---- Extracted entries
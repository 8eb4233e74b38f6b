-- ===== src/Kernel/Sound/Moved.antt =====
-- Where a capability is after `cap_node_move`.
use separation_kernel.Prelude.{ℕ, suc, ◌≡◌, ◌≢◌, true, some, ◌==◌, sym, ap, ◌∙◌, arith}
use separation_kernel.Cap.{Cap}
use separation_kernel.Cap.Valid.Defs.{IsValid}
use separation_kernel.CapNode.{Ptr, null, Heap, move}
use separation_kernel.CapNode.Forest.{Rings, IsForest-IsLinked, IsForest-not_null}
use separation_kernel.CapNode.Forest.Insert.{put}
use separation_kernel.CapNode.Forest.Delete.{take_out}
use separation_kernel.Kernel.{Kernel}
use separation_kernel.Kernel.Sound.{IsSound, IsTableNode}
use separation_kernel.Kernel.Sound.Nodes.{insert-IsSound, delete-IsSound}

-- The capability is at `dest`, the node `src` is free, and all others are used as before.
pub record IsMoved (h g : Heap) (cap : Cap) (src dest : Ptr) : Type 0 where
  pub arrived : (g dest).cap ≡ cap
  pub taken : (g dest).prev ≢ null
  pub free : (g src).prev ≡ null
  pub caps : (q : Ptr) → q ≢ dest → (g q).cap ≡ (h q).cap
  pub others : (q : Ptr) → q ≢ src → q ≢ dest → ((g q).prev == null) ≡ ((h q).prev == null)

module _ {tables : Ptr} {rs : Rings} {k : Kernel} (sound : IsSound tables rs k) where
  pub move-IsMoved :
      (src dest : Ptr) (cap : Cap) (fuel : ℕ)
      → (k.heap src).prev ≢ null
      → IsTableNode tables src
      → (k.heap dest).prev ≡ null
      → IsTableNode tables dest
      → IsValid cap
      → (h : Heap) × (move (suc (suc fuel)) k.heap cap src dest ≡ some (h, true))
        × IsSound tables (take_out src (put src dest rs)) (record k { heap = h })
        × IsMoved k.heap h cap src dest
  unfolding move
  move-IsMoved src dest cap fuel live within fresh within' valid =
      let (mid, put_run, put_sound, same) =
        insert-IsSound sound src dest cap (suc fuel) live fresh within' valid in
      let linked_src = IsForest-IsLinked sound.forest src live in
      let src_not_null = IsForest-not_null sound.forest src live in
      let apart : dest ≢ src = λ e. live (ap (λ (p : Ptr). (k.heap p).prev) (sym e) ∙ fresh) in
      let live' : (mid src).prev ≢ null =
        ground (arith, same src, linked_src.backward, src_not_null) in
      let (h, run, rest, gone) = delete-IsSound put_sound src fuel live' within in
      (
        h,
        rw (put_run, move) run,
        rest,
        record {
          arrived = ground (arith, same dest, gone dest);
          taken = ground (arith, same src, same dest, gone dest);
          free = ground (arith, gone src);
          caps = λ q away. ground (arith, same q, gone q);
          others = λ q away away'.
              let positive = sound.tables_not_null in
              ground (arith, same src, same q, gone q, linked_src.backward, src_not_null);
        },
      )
--------
Exercise brief:
A word-for-word restatement of the records above from the line containing "free = ground (arith, gone src);" to their final line is all the answer should hold.

Answer area:
          free = ground (arith, gone src);
          caps = λ q away. ground (arith, same q, gone q);
          others = λ q away away'.
              let positive = sound.tables_not_null in
              ground (arith, same src, same q, gone q, linked_src.backward, src_not_null);
        },
      )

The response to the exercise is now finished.